TASK OBJECTIVE:
Lines to return, exactly: from the line with "t : System Hash" to the line with "Reach-HasStatuses here = tt" in the entries below, both included.

Collected data:
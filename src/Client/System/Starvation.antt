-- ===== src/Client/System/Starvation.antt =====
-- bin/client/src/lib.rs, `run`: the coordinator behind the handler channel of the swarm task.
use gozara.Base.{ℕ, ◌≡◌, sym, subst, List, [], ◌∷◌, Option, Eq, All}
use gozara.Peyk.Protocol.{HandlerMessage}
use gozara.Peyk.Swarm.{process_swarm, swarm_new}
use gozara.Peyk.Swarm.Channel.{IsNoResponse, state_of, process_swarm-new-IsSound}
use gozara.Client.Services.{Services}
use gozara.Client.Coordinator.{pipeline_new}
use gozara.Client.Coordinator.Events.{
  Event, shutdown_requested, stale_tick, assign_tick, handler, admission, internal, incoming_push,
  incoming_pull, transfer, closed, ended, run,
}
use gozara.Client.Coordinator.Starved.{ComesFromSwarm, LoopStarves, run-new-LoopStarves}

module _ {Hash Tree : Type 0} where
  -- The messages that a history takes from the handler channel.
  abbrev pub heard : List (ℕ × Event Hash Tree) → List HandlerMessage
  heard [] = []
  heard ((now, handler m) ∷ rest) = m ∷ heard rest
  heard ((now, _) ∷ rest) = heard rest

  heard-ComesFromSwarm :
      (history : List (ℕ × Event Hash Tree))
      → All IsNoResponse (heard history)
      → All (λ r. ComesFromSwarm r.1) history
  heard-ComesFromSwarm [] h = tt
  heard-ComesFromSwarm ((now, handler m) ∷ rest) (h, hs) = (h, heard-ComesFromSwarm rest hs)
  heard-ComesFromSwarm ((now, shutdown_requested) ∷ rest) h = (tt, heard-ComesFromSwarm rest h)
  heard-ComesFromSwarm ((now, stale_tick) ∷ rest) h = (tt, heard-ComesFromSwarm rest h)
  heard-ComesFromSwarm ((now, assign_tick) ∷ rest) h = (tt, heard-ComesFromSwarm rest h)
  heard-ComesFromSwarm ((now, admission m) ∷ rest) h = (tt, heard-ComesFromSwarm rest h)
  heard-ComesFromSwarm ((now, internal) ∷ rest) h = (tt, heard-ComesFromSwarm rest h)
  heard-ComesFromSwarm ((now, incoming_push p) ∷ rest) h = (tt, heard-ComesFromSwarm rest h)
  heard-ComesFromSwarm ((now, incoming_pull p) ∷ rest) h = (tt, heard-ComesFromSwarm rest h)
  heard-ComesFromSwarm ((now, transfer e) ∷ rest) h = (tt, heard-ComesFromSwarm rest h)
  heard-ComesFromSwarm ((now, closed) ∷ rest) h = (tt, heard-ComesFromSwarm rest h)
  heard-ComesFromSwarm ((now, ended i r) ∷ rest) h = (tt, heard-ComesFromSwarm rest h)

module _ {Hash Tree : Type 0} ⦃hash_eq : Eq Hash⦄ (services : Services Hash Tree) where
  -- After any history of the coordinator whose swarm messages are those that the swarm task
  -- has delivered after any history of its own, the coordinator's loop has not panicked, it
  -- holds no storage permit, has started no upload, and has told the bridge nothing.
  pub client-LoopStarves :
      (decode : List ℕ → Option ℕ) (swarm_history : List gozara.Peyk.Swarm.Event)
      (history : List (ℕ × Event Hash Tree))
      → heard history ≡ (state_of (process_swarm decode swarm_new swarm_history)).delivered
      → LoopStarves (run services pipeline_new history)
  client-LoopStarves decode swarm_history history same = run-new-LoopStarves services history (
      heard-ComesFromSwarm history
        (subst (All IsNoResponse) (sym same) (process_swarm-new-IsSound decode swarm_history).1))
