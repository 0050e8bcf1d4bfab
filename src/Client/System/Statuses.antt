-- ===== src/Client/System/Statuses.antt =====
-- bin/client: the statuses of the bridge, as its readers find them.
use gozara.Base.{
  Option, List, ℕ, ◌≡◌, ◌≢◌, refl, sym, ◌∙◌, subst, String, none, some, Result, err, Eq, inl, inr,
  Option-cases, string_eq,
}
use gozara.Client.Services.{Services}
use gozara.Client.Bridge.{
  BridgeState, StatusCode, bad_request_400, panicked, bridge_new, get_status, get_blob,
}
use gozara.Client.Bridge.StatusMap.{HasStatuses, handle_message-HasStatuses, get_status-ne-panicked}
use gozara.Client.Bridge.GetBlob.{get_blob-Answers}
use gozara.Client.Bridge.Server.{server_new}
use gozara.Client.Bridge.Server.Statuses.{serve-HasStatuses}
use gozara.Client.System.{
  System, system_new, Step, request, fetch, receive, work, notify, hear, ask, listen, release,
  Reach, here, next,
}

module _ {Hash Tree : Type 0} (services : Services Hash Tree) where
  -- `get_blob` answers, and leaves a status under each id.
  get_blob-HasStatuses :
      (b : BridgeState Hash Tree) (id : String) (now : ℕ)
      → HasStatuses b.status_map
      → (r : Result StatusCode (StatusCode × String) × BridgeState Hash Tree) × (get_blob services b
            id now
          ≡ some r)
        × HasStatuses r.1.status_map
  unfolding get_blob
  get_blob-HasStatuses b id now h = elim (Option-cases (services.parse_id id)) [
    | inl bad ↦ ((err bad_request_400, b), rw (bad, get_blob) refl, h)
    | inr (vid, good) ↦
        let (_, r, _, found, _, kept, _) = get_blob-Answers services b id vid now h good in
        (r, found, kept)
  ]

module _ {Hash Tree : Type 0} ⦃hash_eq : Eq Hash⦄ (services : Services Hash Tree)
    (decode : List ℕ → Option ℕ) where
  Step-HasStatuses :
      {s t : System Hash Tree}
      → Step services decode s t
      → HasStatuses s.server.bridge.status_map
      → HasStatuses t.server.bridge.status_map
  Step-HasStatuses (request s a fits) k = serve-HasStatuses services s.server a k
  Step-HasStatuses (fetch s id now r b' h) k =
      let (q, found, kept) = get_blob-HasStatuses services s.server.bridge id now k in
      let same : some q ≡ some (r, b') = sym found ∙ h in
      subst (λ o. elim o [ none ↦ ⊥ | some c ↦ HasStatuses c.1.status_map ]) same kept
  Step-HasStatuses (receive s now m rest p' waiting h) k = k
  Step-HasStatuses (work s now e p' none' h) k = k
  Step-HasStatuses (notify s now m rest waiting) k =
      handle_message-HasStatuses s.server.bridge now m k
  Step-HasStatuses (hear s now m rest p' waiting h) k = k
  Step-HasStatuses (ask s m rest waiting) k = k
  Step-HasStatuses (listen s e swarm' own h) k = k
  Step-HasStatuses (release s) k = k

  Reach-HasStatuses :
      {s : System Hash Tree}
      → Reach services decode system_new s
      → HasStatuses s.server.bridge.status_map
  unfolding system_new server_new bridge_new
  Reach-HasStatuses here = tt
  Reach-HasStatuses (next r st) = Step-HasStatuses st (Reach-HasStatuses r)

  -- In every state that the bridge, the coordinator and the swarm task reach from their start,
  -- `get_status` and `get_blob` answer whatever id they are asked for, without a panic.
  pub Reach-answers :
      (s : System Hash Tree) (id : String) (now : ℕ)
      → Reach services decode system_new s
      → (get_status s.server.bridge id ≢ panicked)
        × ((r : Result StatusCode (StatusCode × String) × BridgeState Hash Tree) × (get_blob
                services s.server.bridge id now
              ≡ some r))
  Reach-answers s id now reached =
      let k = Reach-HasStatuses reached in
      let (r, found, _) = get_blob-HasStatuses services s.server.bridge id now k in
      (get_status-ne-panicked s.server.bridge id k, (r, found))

RESPONSE BOX:
      {s t : System Hash Tree}
      → Step services decode s t
      → HasStatuses s.server.bridge.status_map
      → HasStatuses t.server.bridge.status_map
  Step-HasStatuses (request s a fits) k = serve-HasStatuses services s.server a k
  Step-HasStatuses (fetch s id now r b' h) k =
      let (q, found, kept) = get_blob-HasStatuses services s.server.bridge id now k in
      let same : some q ≡ some (r, b') = sym found ∙ h in
      subst (λ o. elim o [ none ↦ ⊥ | some c ↦ HasStatuses c.1.status_map ]) same kept
  Step-HasStatuses (receive s now m rest p' waiting h) k = k
  Step-HasStatuses (work s now e p' none' h) k = k
  Step-HasStatuses (notify s now m rest waiting) k =
      handle_message-HasStatuses s.server.bridge now m k
  Step-HasStatuses (hear s now m rest p' waiting h) k = k
  Step-HasStatuses (ask s m rest waiting) k = k
  Step-HasStatuses (listen s e swarm' own h) k = k
  Step-HasStatuses (release s) k = k

  Reach-HasStatuses :
      {s : System Hash Tree}
      → Reach services decode system_new s
      → HasStatuses s.server.bridge.status_map
  unfolding system_new server_new bridge_new
  Reach-HasStatuses here = tt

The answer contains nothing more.